The Festival is less than 1 week away. Without doubt, the best Racing week of the year as 12 months worth of anticipation builds to its climax. The AntePost book is moving along nicely at this stage and barring a complete nightmare week, we should come out with a decent profit.
AntePost punting is very similar to driving. At aged 17, after 25 hours of lessons and a disastrous first attempt, I managed to pass my driving test. On my first day without the L Plates on, I thought I had made it. My 1991 Renault Clio, with no 5th gear and an alarming knocking sound every time I turned hard right, was all I thought I needed, but as every driver knows, you learn to pass your test and then you learn to drive. Driving alone, without an instructor in the car to help and guide you, is very very different.
My AntePost betting is very similar. In the early days, it took a scatter gun approach, mainly backing the obvious favourites for the Festival and the National in a combination of multiples and specials. The danger with such multiples is that the failure of just 1 or 2 selections can bring it all crashing down. The New One being hampered in 2014, Annie Powers Fall in 2015, Cue Card in 2016, Benie Des Dieux last year, all painful memories of near misses.
I am pleased to say that this year has been different. Carefully plotted AntePost bets and a staking plan put in place in October has helped to give me more control. There are very few multiples for a start. The odd bookmakers special where I felt the price was fair, but other than that it’s been singles all the way. Yes, the opportunity to win huge life changing amounts is more limited, but equally, so is the risk of one faller ruining months of planning.
This week has been quiet, watching the racing more than getting involved. The plan for this fortnight was always to ease off, as the quality of racing diminishes in the lead up to Cheltenham. I have a decent “bank” built up in readiness for next week and am very keen to protect the balance as much as possible. With that in mind, it was only a casual glance over the midweek card at Catterick. However, a horse stood out for me, Stradivarius Davis for Sandy Thomson. In my tracker since its days under Paul Nicholls and further notes to an eye catching effort over too short a trip at Newcastle. I was already to go in and the 8/1 available against the hot favourite Django Django for Jonjo O’Neill seemed fair.

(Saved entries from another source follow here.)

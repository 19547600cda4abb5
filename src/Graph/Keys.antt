-- ===== src/Graph/Keys.antt =====
-- The key of the table of reached nodes in app/engine/graph/query.py, and the rows joined with it.
use trace_x.Common.{
  ℕ, zero, suc, ◌+◌, ◌≡◌, refl, sym, ap, subst, arith, inl, inr, Bool, true, false, ◌||◌, not, List,
  [], ◌∷◌, ◌++◌, map, ◌==◌, ==_iff, length, select, exists_in, All, All-mono, All-Any, Bool-cases,
}
use trace_x.Common.Select.{not_exists_in, All-self}
use trace_x.Graph.Reach.{
  Edge, Reached, is_node, distinct, neighbours, next_nodes, at_level, expand, grow,
}
use trace_x.Graph.Neighbours.{Joins}
use trace_x.Graph.Reached.{Walk, here, hop, found, next_nodes_sound, grow_sound}

abbrev pub is_one_of : List ℕ → ℕ → Bool
is_one_of ns n = exists_in (λ m. m == n) ns

-- No number stands twice.
abbrev pub Unique : List ℕ → Type 0
Unique [] = Unit
Unique (n ∷ ns) = (is_one_of ns n ≡ false) × Unique ns

-- No node is reached twice: `node_id VARCHAR PRIMARY KEY`.
abbrev pub HasKey : List Reached → Type 0
HasKey [] = Unit
HasKey (r ∷ reach) = (exists_in (is_node r.node_id) reach ≡ false) × HasKey reach

distinct_keeps : (n : ℕ) (ns : List ℕ) → is_one_of ns n ≡ false → is_one_of (distinct ns) n ≡ false
unfolding distinct exists_in
distinct_keeps n [] e = refl
distinct_keeps n (x ∷ ns) e = elim (Bool-cases (is_one_of ns x)) [
  | inl again ↦ rw again (distinct_keeps n ns (ground arith))
  | inr last ↦ let h = distinct_keeps n ns (ground arith) in rw last (ground arith)
]

distinct-Unique : (ns : List ℕ) → Unique (distinct ns)
unfolding distinct
distinct-Unique [] = tt
distinct-Unique (x ∷ ns) = elim (Bool-cases (is_one_of ns x)) [
  | inl again ↦ rw again (distinct-Unique ns)
  | inr last ↦ rw last (distinct_keeps x ns last, distinct-Unique ns)
]

level_lacks :
    (level n : ℕ) (ns : List ℕ)
    → is_one_of ns n ≡ false
    → exists_in (is_node n) (map (at_level level) ns) ≡ false
unfolding exists_in
level_lacks level n [] e = refl
level_lacks level n (x ∷ ns) e = let h = level_lacks level n ns (ground arith) in ground arith

level-HasKey : (level : ℕ) (ns : List ℕ) → Unique ns → HasKey (map (at_level level) ns)
level-HasKey level [] u = tt
level-HasKey level (n ∷ ns) u = (level_lacks level n ns u.0, level-HasKey level ns u.1)

append_lacks :
    (n : ℕ) (xs ys : List Reached)
    → exists_in (is_node n) xs ≡ false
    → exists_in (is_node n) ys ≡ false
    → exists_in (is_node n) (xs ++ ys) ≡ false
unfolding exists_in
append_lacks n [] ys e f = f
append_lacks n (x ∷ xs) ys e f = let h = append_lacks n xs ys (ground arith) f in ground arith

append-HasKey :
    (level : ℕ) (xs : List Reached) (ns : List ℕ)
    → HasKey xs
    → Unique ns
    → All (λ n. exists_in (is_node n) xs ≡ false) ns
    → HasKey (xs ++ map (at_level level) ns)
unfolding exists_in
append-HasKey level [] ns h u away = level-HasKey level ns u
append-HasKey level (x ∷ xs) ns h u away = (
  append_lacks x.node_id xs (map (at_level level) ns) h.0 (
      level_lacks level x.node_id ns (
        not_exists_in (λ m. m == x.node_id) ns
          (All-mono ns (λ n (e : exists_in (is_node n) (x ∷ xs) ≡ false). ground arith) away))),
  append-HasKey level xs ns h.1 u
      (All-mono ns (λ n (e : exists_in (is_node n) (x ∷ xs) ≡ false). ground arith) away),
)

pub grow-HasKey : (source k : ℕ) (edges : List Edge) → HasKey (grow source k edges)
unfolding grow expand next_nodes exists_in
grow-HasKey source zero edges = (refl, tt)
grow-HasKey source (suc k) edges =
    let reach = grow source k edges in
    let new = next_nodes k reach edges in
    append-HasKey (k + 1) reach new (grow-HasKey source k edges)
      (distinct-Unique (select (λ n. not (exists_in (is_node n) reach)) (neighbours k reach edges)))
      (All-mono new (λ n m. (next_nodes_sound n k reach edges m).1) (All-self new))

-- The rows of a table of nodes that a table with its key has.

abbrev count : (ℕ → Bool) → List ℕ → ℕ
count p ns = length (select p ns)

one_or_other :
    (a : ℕ) (p : ℕ → Bool) (ns : List ℕ)
    → p a ≡ false
    → count (λ n. (a == n) || p n) ns ≡ count (λ n. a == n) ns + count p ns
unfolding select
one_or_other a p [] e = omega arith
one_or_other a p (n ∷ ns) e = elim (Bool-cases (a == n)) [
  | inl same ↦
      let here : a ≡ n = (==_iff a n).0 same in
      let no : p n ≡ false = subst (λ k. p k ≡ false) here e in
      let h = one_or_other a p ns e in rw (same, no) (omega arith)
  | inr other ↦ elim (Bool-cases (p n)) [
    | inl held ↦ let h = one_or_other a p ns e in rw (other, held) (omega arith)
    | inr lost ↦ let h = one_or_other a p ns e in rw (other, lost) (omega arith)
  ]
]

count_none : (a : ℕ) (ns : List ℕ) → is_one_of ns a ≡ false → count (λ n. a == n) ns ≡ 0
unfolding select exists_in
count_none a [] e = refl
count_none a (n ∷ ns) e =
    let no : (a == n) ≡ false = ground arith in rw no (count_none a ns (ground arith))

count_one : (a : ℕ) (ns : List ℕ) → Unique ns → is_one_of ns a ≡ true → count (λ n. a == n) ns ≡ 1
unfolding select exists_in
count_one a [] u e = absurd (cc)
count_one a (n ∷ ns) u e = elim (Bool-cases (a == n)) [
  | inl same ↦
      let here : n ≡ a = sym ((==_iff a n).0 same) in
      rw same (ap suc (count_none a ns (subst (λ k. is_one_of ns k ≡ false) here u.0)))
  | inr other ↦ rw other (count_one a ns u.1 (ground arith))
]

count_nothing : (ns : List ℕ) → count (λ n. false) ns ≡ 0
unfolding select
count_nothing [] = refl
count_nothing (n ∷ ns) = count_nothing ns

count_reached :
    (reach : List Reached) (ns : List ℕ)
    → HasKey reach
    → Unique ns
    → All (λ r. is_one_of ns r.node_id ≡ true) reach
    → count (λ n. exists_in (is_node n) reach) ns ≡ length reach
unfolding exists_in
count_reached [] ns h u known = count_nothing ns
count_reached (r ∷ reach) ns h u known =
    let split = one_or_other r.node_id (λ n. exists_in (is_node n) reach) ns h.0 in
    let one = count_one r.node_id ns u known.0 in
    let rest = count_reached reach ns h.1 u known.1 in omega arith

-- The tables of a snapshot agree: no node stands twice, and each edge joins two nodes.
pub record IsClosed (nodes : List ℕ) (edges : List Edge) : Type 0 where
  pub has_key : Unique nodes
  pub ends_stand :
      All (λ e. (is_one_of nodes e.from_node ≡ true) × (is_one_of nodes e.to_node ≡ true)) edges

Walk-stays :
    (nodes : List ℕ) (edges : List Edge) (source : ℕ)
    → IsClosed nodes edges
    → is_one_of nodes source ≡ true
    → {l v : ℕ} → Walk edges source l v
    → is_one_of nodes v ≡ true
Walk-stays nodes edges source closed known here = known
Walk-stays nodes edges source closed known (hop {n} {u} {v} w j) =
    let (e, joins, m) = found (Joins u v) edges j in
    let (from, to) =
      All-Any (λ e. (is_one_of nodes e.from_node ≡ true) × (is_one_of nodes e.to_node ≡ true)) edges
        closed.ends_stand m in
    elim joins [
      | inl (f, t) ↦ subst (λ k. is_one_of nodes k ≡ true) t to
      | inr (t, f) ↦ subst (λ k. is_one_of nodes k ≡ true) f from
    ]

-- Each reached node has one row.
pub grow_counted :
    (nodes : List ℕ) (edges : List Edge) (source k : ℕ)
    → IsClosed nodes edges
    → is_one_of nodes source ≡ true
    → length (select (λ n. exists_in (is_node n) (grow source k edges)) nodes)
      ≡ length (grow source k edges)
grow_counted nodes edges source k closed known =
    let reach = grow source k edges in
    count_reached reach nodes (grow-HasKey source k edges) closed.has_key (
      All-mono reach
        (λ r m.
          let (low, w) = grow_sound source k edges r m in
          Walk-stays nodes edges source closed known w)
        (All-self reach))
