-- ===== src/Graph/Linked.antt =====
-- The tables that the builder of app/engine/graph/builder.py makes, under query_flow.
use trace_x.Common.{
  ℕ, ◌≡◌, refl, arith, inl, inr, true, ◌&&◌, Option, none, some, List, [], ◌∷◌, ◌++◌, ◌==◌, ==_refl,
  exists_in, find_first, All, All-mono, Bool-cases,
}
use trace_x.Graph.Flow.Model.{
  NodeId, tx_id, output_id, address_id, same_id, NodeType, transaction, address_or_script, output,
  locked_to, spent_by, creates_output, Node, Link, Tables, creator_tx,
}
use trace_x.Graph.Builder.{
  OutputFact, InputFact, Records, has_node, same_link, add_node, add_edge, link, add_transactions,
  add_address, add_output_fact, add_outputs, Lineage, spends, other_spender, spend, add_input_fact,
  add_inputs, no_tables, build,
}

-- The transaction that created an output has a node, and so has each address that locks an output.
abbrev pub HasCreator : List Node → Node → Type 0
HasCreator nodes n = n.node_type ≡ output → has_node (creator_tx n.node_id) nodes ≡ true

abbrev pub HasLock : List Node → Link → Type 0
HasLock nodes e = e.edge_type ≡ locked_to → has_node e.to_node nodes ≡ true

pub record IsLinked (t : Tables) : Type 0 where
  pub creators : All (HasCreator t.nodes) t.nodes
  pub locks : All (HasLock t.nodes) t.edges

has_node-append :
    (id : NodeId) (ns ms : List Node) → has_node id ns ≡ true → has_node id (ns ++ ms) ≡ true
unfolding exists_in
has_node-append id [] ms h = absurd (cc)
has_node-append id (n ∷ ns) ms h = elim (Bool-cases (same_id n.node_id id)) [
  | inl e ↦ rw e refl
  | inr e ↦ let k = has_node-append id ns ms (rw e at h) in rw e k
]

has_node_last :
    (id : NodeId) (ns : List Node) (n : Node)
    → same_id n.node_id id ≡ true
    → has_node id (ns ++ (n ∷ [])) ≡ true
unfolding exists_in
has_node_last id [] n h = rw h refl
has_node_last id (m ∷ ns) n h = let k = has_node_last id ns n h in ground arith

same_id_refl : (id : NodeId) → same_id id id ≡ true
same_id_refl (tx_id a) = ==_refl a
same_id_refl (output_id a v) = ground arith
same_id_refl (address_id a) = ==_refl a

All-last :
    {A : Type 0} (P : A → Type 0) (xs : List A) (x : A) → All P xs → P x → All P (xs ++ (x ∷ []))
All-last P [] x h p = (p, tt)
All-last P (y ∷ xs) x h p = (h.0, All-last P xs x h.1 p)

add_node_known :
    (id : NodeId) (node_type : NodeType) (amount : Option ℕ) (t : Tables)
    → has_node id (add_node id node_type amount t).nodes ≡ true
unfolding add_node
add_node_known id node_type amount t = elim (Bool-cases (has_node id t.nodes)) [
  | inl e ↦ rw e e
  | inr e ↦ rw e (has_node_last id t.nodes _ (same_id_refl id))
]

add_node_keeps :
    (id other : NodeId) (node_type : NodeType) (amount : Option ℕ) (t : Tables)
    → has_node other t.nodes ≡ true
    → has_node other (add_node id node_type amount t).nodes ≡ true
unfolding add_node
add_node_keeps id other node_type amount t h = elim (Bool-cases (has_node id t.nodes)) [
  | inl e ↦ rw e h
  | inr e ↦ rw e (has_node-append other t.nodes _ h)
]

add_edge_keeps :
    (e : Link) (other : NodeId) (t : Tables)
    → has_node other t.nodes ≡ true
    → has_node other (add_edge e t).nodes ≡ true
unfolding add_edge
add_edge_keeps e other t h = elim (Bool-cases (exists_in (same_link e) t.edges)) [
  | inl k ↦ rw k h
  | inr k ↦ rw k h
]

add_node-IsLinked :
    (id : NodeId) (node_type : NodeType) (amount : Option ℕ) (t : Tables)
    → IsLinked t
    → (node_type ≡ output → has_node (creator_tx id) t.nodes ≡ true)
    → IsLinked (add_node id node_type amount t)
unfolding add_node
add_node-IsLinked id node_type amount t w created = elim (Bool-cases (has_node id t.nodes)) [
  | inl e ↦ rw e w
  | inr e ↦
      let n : Node = record { node_id = id; node_type = node_type; amount_sats = amount } in
      let more = t.nodes ++ (n ∷ []) in
      rw e (record {
        creators =
            All-last (HasCreator more) t.nodes n
              (All-mono t.nodes
                (λ m (h : HasCreator t.nodes m) is_output.
                  has_node-append (creator_tx m.node_id) t.nodes (n ∷ []) (h is_output))
                w.creators)
              (λ is_output. has_node-append (creator_tx id) t.nodes (n ∷ []) (created is_output));
        locks =
            All-mono t.edges
              (λ l (h : HasLock t.nodes l) is_lock.
                has_node-append l.to_node t.nodes (n ∷ []) (h is_lock))
              w.locks;
      })
]

add_edge-IsLinked :
    (e : Link) (t : Tables) → IsLinked t → HasLock t.nodes e → IsLinked (add_edge e t)
unfolding add_edge
add_edge-IsLinked e t w h = elim (Bool-cases (exists_in (same_link e) t.edges)) [
  | inl k ↦ rw k w
  | inr k ↦
      rw k
        (record { creators = w.creators; locks = All-last (HasLock t.nodes) t.edges e w.locks h })
]

add_transactions-IsLinked :
    (txids : List ℕ) (t : Tables) → IsLinked t → IsLinked (add_transactions txids t)
unfolding add_transactions
add_transactions-IsLinked [] t w = w
add_transactions-IsLinked (txid ∷ txids) t w =
    add_transactions-IsLinked txids (add_node (tx_id txid) transaction none t)
      (add_node-IsLinked (tx_id txid) transaction none t w (λ e. cc))

add_address-IsLinked :
    (o : NodeId) (address : Option ℕ) (t : Tables) → IsLinked t → IsLinked (add_address o address t)
unfolding add_address
add_address-IsLinked o none t w = w
add_address-IsLinked o (some a) t w =
    add_edge-IsLinked (link o (address_id a) locked_to none) _
      (add_node-IsLinked (address_id a) address_or_script none t w (λ e. cc))
      (λ e. add_node_known (address_id a) address_or_script none t)

add_outputs-IsLinked :
    (os : List OutputFact) (t : Tables) → IsLinked t → IsLinked (add_outputs os t)
unfolding add_outputs add_output_fact
add_outputs-IsLinked [] t w = w
add_outputs-IsLinked (o ∷ os) t w =
    let tx = tx_id o.txid in
    let id = output_id o.txid o.vout in
    let t1 = add_node tx transaction none t in
    let t2 = add_node id output o.amount_sats t1 in
    let w1 = add_node-IsLinked tx transaction none t w (λ e. cc) in
    let w2 =
      add_node-IsLinked id output o.amount_sats t1 w1 (λ e. add_node_known tx transaction none t) in
    let w3 = add_edge-IsLinked (link tx id creates_output o.amount_sats) t2 w2 (λ e. cc) in
    add_outputs-IsLinked os _ (add_address-IsLinked id o.address _ w3)

add_input_fact-IsLinked :
    (outputs : List OutputFact) (txid : ℕ) (prev vout : Option ℕ) (l : Lineage)
    → IsLinked l.tables
    → IsLinked (add_input_fact outputs txid prev vout l).tables
unfolding add_input_fact spend
add_input_fact-IsLinked outputs txid none vout l w = w
add_input_fact-IsLinked outputs txid (some prev) none l w = w
add_input_fact-IsLinked outputs txid (some prev) (some vout) l w =
    elim (Bool-cases (exists_in (λ (o : OutputFact). o.txid == prev && o.vout == vout) outputs)) [
      | inl e ↦ elim (Bool-cases (other_spender txid (find_first (spends prev vout) l.spenders))) [
        | inl k ↦ rw (e, k) w
        | inr k ↦
            rw (e, k)
              (add_edge-IsLinked (link (output_id prev vout) (tx_id txid) spent_by none) l.tables w
                (λ is_lock. cc))
      ]
      | inr e ↦ rw e w
    ]

add_inputs-IsLinked :
    (outputs : List OutputFact) (is : List InputFact) (l : Lineage)
    → IsLinked l.tables
    → IsLinked (add_inputs outputs is l).tables
unfolding add_inputs
add_inputs-IsLinked outputs [] l w = w
add_inputs-IsLinked outputs (i ∷ is) l w =
    add_inputs-IsLinked outputs is _
      (add_input_fact-IsLinked outputs i.txid i.prev_txid i.prev_vout l w)

pub build-IsLinked : (r : Records) → IsLinked (build r).tables
unfolding build
build-IsLinked r = add_inputs-IsLinked r.outputs r.inputs _ (
    add_outputs-IsLinked r.outputs _
      (add_transactions-IsLinked r.transactions no_tables (record { creators = tt; locks = tt })))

On a wet March afternoon, I settled down to the racing with a cuppa. Tipsters and Pundits have a very difficult job, trying to find a winner amongst the lower level fare on offer on an afternoon such as this is an almost impossible task. It is sometimes too easy to think that they will always be right or to take comfort if their selection agrees with your own opinions. Now to name the tipster would be unfair, but I made the mistake of allowing myself to be influenced by their views that the horse was a work in progress and would find the quirks of Catterick too much on the day.
Inevitably, the horse won. Every punter will have stories of winners that have got away, but to lose one because I valued someone else opinion more than my own is a painful lesson to learn. Go on twitter and type in “Cheltenham tips”, there will be so many matches that it will nearly crash the app. Remembering that racing is a game of opinions, that it is my opinion against everyone else’s, is key. It is surely better to lose on my own views, rather than those of others.